The sleep of cancer cells may be more fitful than that of normal cells. Consequently, cancer cells may be more easily roused than normal cells from quiescence, a sort of slumbering state that cancer cells may use to pull up the covers and duck chemotherapy.
Quiescence, it turns out, is not a single state, but rather a range of states. That is, quiescence may be deep, or light. If we could control quiescence, we might decide to awaken lightly sleeping cancer cells, boosting the effectiveness of chemotherapy. Alternatively, we might decide that deeply sleeping cancer cells should be put into the cellular equivalent of a coma, thereby preventing recurrences of cancer.
These possibilities are being explored by a team of scientists based at the University of Arizona and led by Guang Yao, Ph.D., an assistant professor of molecular and cellular biology. Dr. Yao’s laboratory, a leader in researching the control of quiescence depth, has been focusing on a network of genes called retinoblastoma (Rb)-E2F. Most recently, the laboratory has demonstrated that by altering the expression of different genes in the Rb-E2F network, it is possible to affect the depth of quiescence.

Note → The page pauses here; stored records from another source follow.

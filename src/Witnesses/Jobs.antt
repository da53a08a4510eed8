-- ===== src/Witnesses/Jobs.antt =====
-- The theorems on the job store, on the sample.
use teldrive_lab.Prelude.{
  ℕ, ◌≤◌, String, true, false, none, some, List, [], ◌∷◌, ◌++◌, pos, ◌≡◌, ◌≢◌, refl, arith,
  count_by, if◌then◌else◌, ◌==◌, positive,
}
use teldrive_lab.Exec.{ok, err, value_error}
use teldrive_lab.Sql.{update_where, select_one, order_by, insert_sorted}
use teldrive_lab.Jobs.{JobState, Row}
use teldrive_lab.Jobs.Store
use teldrive_lab.Jobs.Updates
use teldrive_lab.Jobs.Claims
use teldrive_lab.Jobs.Store.{
  Table, find, children, child_summary, ChildSummary, terminal, successful, list_jobs, to_job,
}
use teldrive_lab.Jobs.Updates.{cancel}
use teldrive_lab.Jobs.Claims.{
  claim, claimable, claimed_row, retry, retry_read, retry_write, expired, recover_expired_leases,
}
use teldrive_lab.Jobs.Trace.{Op, run, perform, cancel_op, resume_op, complete_op, claim_op}
use teldrive_lab.Jobs.Invariant.{IsValid}
use teldrive_lab.Jobs.History.{run-IsValid, terminal_frozen, job_history, Reaches}
use teldrive_lab.Jobs.Atomic.{perform_error}
use teldrive_lab.Jobs.Claiming.{Takes, claim-Takes, no_double_claim}
use teldrive_lab.Jobs.Ownership.{Refused, not_owner-Refused}
use teldrive_lab.Jobs.Retrying.{Retried, retry_outcome, recover_outcome, retry_overrides_cancel}
use teldrive_lab.Witnesses.Sample.{
  queued_ops, claimed_ops, queued_table, claimed_table, row_b, running_a, claimed_found,
}

run-IsValid_example : IsValid claimed_table
run-IsValid_example = run-IsValid claimed_ops

abbrev cancelled_ops : List Op
cancelled_ops = claimed_ops ++ cancel_op "a" 6 ∷ []

abbrev cancelled_a : Row
cancelled_a = record running_a {
  state = JobState.cancelled;
  updated = 6;
  lease_until = none;
  worker_id = none;
}

cancelled_found : find "a" (run cancelled_ops []) ≡ some cancelled_a
unfolding find run perform cancel Updates.update_one Updates.update Updates.resume claim
    Claims.claim_for Claims.next_claim order_by Store.enqueue Store.check_parent Store.insert
    Store.get claimable Claims.claim_order Claims.rank retry_read to_job select_one update_where
    insert_sorted
cancelled_found = refl

terminal_frozen_example :
    find "a" (run (resume_op "a" 7 ∷ complete_op "a" "w" 8 ∷ []) (run cancelled_ops []))
    ≡ some cancelled_a
terminal_frozen_example =
    terminal_frozen "a" (resume_op "a" 7 ∷ complete_op "a" "w" 8 ∷ []) (run cancelled_ops [])
      cancelled_a (run-IsValid cancelled_ops) cancelled_found refl

job_history_example :
    (r' : Row) × (find "a" (run (cancel_op "a" 6 ∷ []) claimed_table) ≡ some r')
    × Reaches JobState.running r'.state
    × (0 ≤ r'.attempts)
    × (r'.attempts ≤ 2)
job_history_example =
    job_history "a" (cancel_op "a" 6 ∷ []) claimed_table running_a (run-IsValid claimed_ops)
      claimed_found

resume_raises :
    (perform (resume_op "a" 6) claimed_table).0
    ≡ err (value_error "job cannot be resumed from its current state")
unfolding find run perform cancel Updates.update_one Updates.update Updates.resume claim
    Claims.claim_for Claims.next_claim order_by Store.enqueue Store.check_parent Store.insert
    Store.get claimable Claims.claim_order Claims.rank retry_read to_job select_one update_where
    insert_sorted
resume_raises = refl

perform_error_example : (perform (resume_op "a" 6) claimed_table).1 ≡ claimed_table
perform_error_example =
    perform_error (resume_op "a" 6) claimed_table
      (value_error "job cannot be resumed from its current state") resume_raises

claimed_first : (claim "w" (pos 10) 5 queued_table).0 ≡ ok (some (to_job running_a))
unfolding find run perform cancel Updates.update_one Updates.update Updates.resume claim
    Claims.claim_for Claims.next_claim order_by Store.enqueue Store.check_parent Store.insert
    Store.get claimable Claims.claim_order Claims.rank retry_read to_job select_one update_where
    insert_sorted
claimed_first = refl

claim-Takes_example :
    (n : ℕ) × (positive (pos 10) ≡ some n)
    × (a : Row) × Takes "w" n 5 queued_table (to_job running_a) a
claim-Takes_example =
    claim-Takes "w" (pos 10) 5 queued_table (to_job running_a) (run-IsValid queued_ops)
      claimed_first

claimed_second :
    (claim "v" (pos 10) 6 (claim "w" (pos 10) 5 queued_table).1).0
    ≡ ok (some (to_job (claimed_row "v" 10 6 row_b)))
unfolding find run perform cancel Updates.update_one Updates.update Updates.resume claim
    Claims.claim_for Claims.next_claim order_by Store.enqueue Store.check_parent Store.insert
    Store.get claimable Claims.claim_order Claims.rank retry_read to_job select_one update_where
    insert_sorted
claimed_second = refl

no_double_claim_example : (to_job running_a).job_id ≢ (to_job (claimed_row "v" 10 6 row_b)).job_id
no_double_claim_example =
    no_double_claim "w" "v" (pos 10) (pos 10) 5 6 queued_table (to_job running_a)
      (to_job (claimed_row "v" 10 6 row_b)) (run-IsValid queued_ops) claimed_first claimed_second

abbrev taken_ops : List Op
taken_ops = claimed_ops ++ claim_op "v" (pos 10) 6 ∷ []

nothing_left : (claim "u" (pos 10) 7 (run taken_ops [])).0 ≡ ok none
unfolding find run perform cancel Updates.update_one Updates.update Updates.resume claim
    Claims.claim_for Claims.next_claim order_by Store.enqueue Store.check_parent Store.insert
    Store.get claimable Claims.claim_order Claims.rank retry_read to_job select_one update_where
    insert_sorted
nothing_left = refl

not_owner-Refused_example : Refused (perform (complete_op "a" "v" 6)) claimed_table
not_owner-Refused_example =
    not_owner-Refused (complete_op "a" "v" 6) claimed_table "a" "v" running_a
      (run-IsValid claimed_ops) refl claimed_found refl

retry_outcome_example :
    (r' : Row) × Retried running_a r' 3 6
    × ((j : String)
        → find j (retry "a" "w" "E" "message" (pos 3) 6 claimed_table).1
          ≡ (if "a" == j then some r' else find j claimed_table))
retry_outcome_example =
    retry_outcome "a" "w" "E" "message" 3 6 claimed_table running_a claimed_found refl refl

recover_outcome_example :
    (r' : Row) × (find "a" (recover_expired_leases 100 claimed_table).1 ≡ some r')
    × (expired 100 running_a ≡ true → (claimable 100 r' ≡ true) × (r'.attempts ≡ 0))
    × (expired 100 running_a ≡ false → r' ≡ running_a)
    × ((recover_expired_leases 100 claimed_table).0 ≡ ok (count_by (expired 100) claimed_table))
recover_outcome_example = recover_outcome 100 "a" claimed_table running_a claimed_found

read_a : retry_read "a" "w" claimed_table ≡ some (0, 2)
unfolding find run perform cancel Updates.update_one Updates.update Updates.resume claim
    Claims.claim_for Claims.next_claim order_by Store.enqueue Store.check_parent Store.insert
    Store.get claimable Claims.claim_order Claims.rank retry_read to_job select_one update_where
    insert_sorted
read_a = refl

retry_overrides_cancel_example :
    (c : Row) × (find "a" (cancel "a" 6 claimed_table).1 ≡ some c)
    × (c.state ≡ JobState.cancelled)
    × ((q : Row) × (find "a"
            (retry_write "a" 1 2 3 "E" "message" 7 (cancel "a" 6 claimed_table).1).1
          ≡ some q)
        × (q.state ≡ JobState.queued))
retry_overrides_cancel_example =
    retry_overrides_cancel "a" "w" "E" "message" 3 6 7 0 2 claimed_table running_a claimed_found
      refl read_a (omega arith)
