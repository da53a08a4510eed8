-- ===== src/Witnesses/Lifecycles.antt =====
-- The theorems on the lifecycle of files and on backups, at concrete inputs.
use teldrive_lab.Prelude.{
  true, false, none, some, [], ◌∷◌, ◌≡◌, ◌↔◌, refl, inl, All, length, any_by, if◌then◌else◌,
}
use teldrive_lab.Exec.{ok}
use teldrive_lab.Safety.Paths.{is_protected}
use teldrive_lab.Transfer.{Content, Disk, content_at}
use teldrive_lab.Lifecycle.{
  LifecycleRecord, LifecyclePlanItem, purge_ready, quarantined, default_retention,
}
use teldrive_lab.Lifecycle.Store.{put, get}
use teldrive_lab.Lifecycle.Plans.{quarantine_plan, purge_plan, reconcile_record}
use teldrive_lab.Lifecycle.Execution.{LifecycleState, LifecycleSession}
use teldrive_lab.Lifecycle.Execution
use teldrive_lab.Lifecycle.StoreLaws.{get-put}
use teldrive_lab.Lifecycle.PlanLaws.{IsSafe, quarantine_plan-IsSafe, reconcile_record_iff}
use teldrive_lab.Lifecycle.PurgeLaws.{names, purge_keeps, purge-purge_plan}
use teldrive_lab.Witnesses.Boundary.{host}
use teldrive_lab.Witnesses.Transfers.{manager, no_folder, sum_text}

abbrev kept : LifecycleRecord
kept = record {
  source = "/srv/in";
  quarantine = "/q/in";
  size = 1;
  sha256 = "1";
  quarantined_at = 0;
  purge_after = 10;
  locked = true;
}

abbrev files : Disk
files = ("/srv/in", 7 ∷ []) ∷ ("/q/in", 7 ∷ []) ∷ []

abbrev session : LifecycleSession
session = record { now = λ n. n; stamp = λ n. record { event_id = "e"; timestamp = n } }

abbrev state : LifecycleState
state = record { disk = files; records = kept ∷ []; events = [] }

get-put_example : ((put kept []).0 ≡ ok tt) × (get "/srv/in" (put kept []).1 ≡ some kept)
get-put_example = get-put kept "/srv/in" []

quarantine_plan-IsSafe_example :
    All
      (λ item.
        item.action ≡ quarantined → IsSafe sum_text host no_folder files default_retention 5 item)
      (quarantine_plan sum_text host no_folder files default_retention 5 "/vault2" ("/srv/in" ∷ []))
quarantine_plan-IsSafe_example =
    quarantine_plan-IsSafe sum_text host no_folder files default_retention 5 "/vault2"
      ("/srv/in" ∷ [])

reconcile_record_iff_example :
    ((reconcile_record sum_text host no_folder files kept).state ≡ "LOCKED_VERIFIED")
    ↔ ((c : Content) × (content_at "/q/in" files ≡ some c) × (length c ≡ 1) × (sum_text c ≡ "1"))
reconcile_record_iff_example = reconcile_record_iff sum_text host no_folder files kept

abbrev ready : LifecyclePlanItem
ready = record {
  source = "/srv/in";
  quarantine = "/q/in";
  action = purge_ready;
  reason = "";
  size = 1;
  sha256 = some "1";
  purge_after = some 10;
  destination = none;
}

source_not_named :
    (if is_protected host "/srv/in"
      then false
      else any_by (names host manager "id" session "/srv/in") (ready ∷ []))
    ≡ false
unfolding is_protected teldrive_lab.Safety.Paths.protected_roots teldrive_lab.Safety.Paths.is_within
    teldrive_lab.Safety.Paths.resolve_path teldrive_lab.Safety.Paths.resolve
    teldrive_lab.Safety.Paths.protected_state teldrive_lab.Files.real_text
    teldrive_lab.Safety.Policy.path_text teldrive_lab.Text.append teldrive_lab.Text.join
source_not_named = refl

purge_keeps_example :
    content_at "/srv/in"
      (teldrive_lab.Lifecycle.Execution.purge host manager "id" session (ready ∷ []) state).1.disk
    ≡ content_at "/srv/in" files
purge_keeps_example =
    purge_keeps host manager "id" session "/srv/in" (ready ∷ []) state source_not_named

purge-purge_plan_example :
    content_at "/q/in"
      (teldrive_lab.Lifecycle.Execution.purge host manager "id" session
        (purge_plan sum_text host no_folder files 100 (kept ∷ []))
        state).1.disk
    ≡ content_at "/q/in" files
purge-purge_plan_example =
    purge-purge_plan sum_text host no_folder files 100 manager "id" session "/q/in" (kept ∷ [])
      state ((λ same. inl refl), tt)
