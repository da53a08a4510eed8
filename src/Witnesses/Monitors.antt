-- ===== src/Witnesses/Monitors.antt =====
-- The theorems on alerts, schedules and the purge of backups, at concrete inputs.
use teldrive_lab.Prelude.{
  ℕ, String, Bool, true, false, ltb, ◌&&◌, ◌||◌, List, [], ◌∷◌, ◌≡◌, refl, arith, All, any_by, ◌==◌,
}
use teldrive_lab.Exec.{ok}
use teldrive_lab.Text.{is_one_of}
use teldrive_lab.Transfer.{content_at}
use teldrive_lab.Monitoring.{Candidate, of_number}
use teldrive_lab.Monitoring.Store.{Alert, has_fingerprint}
use teldrive_lab.Monitoring.Collect.{MonitorState, MonitorSession, fingerprints_of, collect}
use teldrive_lab.Monitoring.Resolve.{collect_active}
use teldrive_lab.Backups.{BackupPlan, BackupItem}
use teldrive_lab.Backups.Schedules.{
  BackupSchedule, SchedulerState, SchedulerSession, due_schedules, run_due,
}
use teldrive_lab.Backups.Queued.{Adds}
use teldrive_lab.Backups.Due.{run_due_clears}
use teldrive_lab.Backups.Purge.{Backups, has_digest, is_locked, lock, PurgeState, purge}
use teldrive_lab.Backups.Retained.{is_outside, backup_purge_keeps}
use teldrive_lab.JobLifecycle.{Stamp}
use teldrive_lab.Witnesses.Boundary.{host}

abbrev stuck : Candidate ℕ
stuck = record {
  code = "JOB_STUCK";
  severity = "WARNING";
  message = "1 job(s) appear stuck";
  fingerprint = "jobs:stuck";
  details = of_number "stuck" 1;
}

abbrev alert : String → String → Bool → Alert ℕ
alert alert_id fingerprint active = record {
  alert_id = alert_id;
  code = "JOB_STUCK";
  severity = "WARNING";
  message = "1 job(s) appear stuck";
  fingerprint = fingerprint;
  first_seen = "2026-01-02";
  last_seen = "2026-01-02";
  active = active;
  occurrences = 1;
  details = of_number "stuck" 1;
}

abbrev session : MonitorSession
session = record {
  now = "2026-01-02";
  alert_id = λ n. "b";
  notification_id = λ n. "n";
  notified_at = λ n. "2026-01-02";
  event_id = λ n. "e";
  event_time = λ n. 1;
}

-- One alert that nothing asks for any more.
abbrev before : MonitorState ℕ
before = record {
  alerts = alert "a" "workers:unavailable" true ∷ [];
  notifications = [];
  events = [];
}

collected :
    (collect session true true (stuck ∷ []) before).0 ≡ ok (alert "b" "jobs:stuck" true ∷ [])
unfolding collect teldrive_lab.Monitoring.Collect.report_all teldrive_lab.Monitoring.Collect.report
    teldrive_lab.Monitoring.Store.upsert_alert teldrive_lab.Sql.select_one
    teldrive_lab.Monitoring.Store.get teldrive_lab.Monitoring.Store.notify
    teldrive_lab.Audit.record_event teldrive_lab.Monitoring.Store.alerts_of
    teldrive_lab.Sql.order_by teldrive_lab.Monitoring.Store.resolve_missing
    teldrive_lab.Sql.update_where
collected = refl

collect_active_example :
    let after = (collect session true true (stuck ∷ []) before).1.alerts in
    All (λ a. a.active ≡ is_one_of a.fingerprint ("jobs:stuck" ∷ [])) after
    × All (λ c. any_by (has_fingerprint c.fingerprint) after ≡ true) (stuck ∷ [])
collect_active_example =
    collect_active session true true (stuck ∷ []) before (alert "b" "jobs:stuck" true ∷ [])
      (refl, tt) collected

abbrev schedule : BackupSchedule
schedule = record {
  schedule_id = "s";
  sources = "/srv/in" ∷ [];
  destination = "/backups";
  interval_seconds = 10;
  next_run_at = 3;
  enabled = true;
}

abbrev scheduler : SchedulerState
scheduler = record { rows = schedule ∷ []; jobs = [] }

abbrev turn : SchedulerSession
turn = record { fresh = λ n. "j"; time = λ n. 5; dumps = λ sources. "[]" }

abbrev made : List String
made = "j" ∷ []

ran : (run_due turn 5 scheduler).0 ≡ ok made
unfolding run_due teldrive_lab.Backups.Schedules.run_all due_schedules
    teldrive_lab.Backups.Schedules.schedules teldrive_lab.Sql.order_by
    teldrive_lab.Backups.Schedules.run_one teldrive_lab.Jobs.Store.enqueue
    teldrive_lab.Jobs.Store.check_parent teldrive_lab.Jobs.Store.insert teldrive_lab.Jobs.Store.find
    teldrive_lab.Jobs.Store.get teldrive_lab.Backups.Schedules.advance_schedule
ran = refl

run_due_clears_example :
    (due_schedules 5 (run_due turn 5 scheduler).1.rows ≡ [])
    × Adds turn.dumps (due_schedules 5 (schedule ∷ [])) made [] (run_due turn 5 scheduler).1.jobs
run_due_clears_example = run_due_clears turn 5 scheduler made (omega arith, tt) ran

abbrev plan : BackupPlan
plan = record {
  items = record { source = "/srv/in"; destination = "/backups/in"; size = 1; sha256 = "1" } ∷ [];
  manifest_path = "/backups/manifests/1.json";
  created_at = 1;
  purge_after = 3;
}

abbrev stamp : Stamp
stamp = record { event_id = "e"; timestamp = 5 }

abbrev disks : PurgeState
disks = record { disk = ("/srv/in", 7 ∷ []) ∷ ("/backups/in", 7 ∷ []) ∷ []; events = [] }

abbrev stored : Backups
stored =
    record {
      digest = "digest";
      manifest_path = "/backups/manifests/1.json";
      created_at = 1;
      purge_after = 3;
      locked = false;
      items = plan.items;
    }
    ∷ []

copy_kept :
    (any_by (has_digest "digest") stored && "digest" == "digest"
      || is_locked "digest" stored
      || ltb 5 plan.purge_after
      || is_outside (λ p. "digest") host (λ p. false) "id" plan "/backups/in")
    ≡ true
copy_kept = refl

backup_purge_keeps_example :
    content_at "/backups/in"
      (purge
        (λ p. "digest")
        host
        (λ p. false)
        "id"
        (lock "digest" stored).1
        5
        stamp
        plan
        disks).1.disk
    ≡ content_at "/backups/in" disks.disk
backup_purge_keeps_example =
    backup_purge_keeps (λ p. "digest") host (λ p. false) "id" stored "digest" 5 stamp plan
      "/backups/in" disks copy_kept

The new findings appeared September 26 in the journal Cell Reports, in an article entitled “Controlling Depth of Cellular Quiescence by an Rb-E2F Network Switch.” This article describes how Rb-E2F may be used like a genetic “dimmer switch” to regulate the dormancy of normal cells and tumor cells.
“Quiescence depth is controlled by the activation threshold of an Rb-E2F gene switch,” wrote the article’s authors. “Deeper quiescent cells feature a higher E2F-switching threshold and exhibit a delayed traverse through the restriction point (R-point).”
Moreover, the study indicated that different components of the Rb-E2F network can be experimentally perturbed, following computer model predictions, to coarse- or fine-tune the E2F-switching threshold and drive cells into varying quiescence depths. In other words, cellular factors, the investigators found, may alter the Rb-E2F threshold and quiescence depth with varying efficacies.
The computer model predictions were subsequently tested in a rat cell model. The investigators increased the expression of various target genes in live cells and observed changes in the depth of quiescence, reflected in how easily cells could be roused from their “sleep.”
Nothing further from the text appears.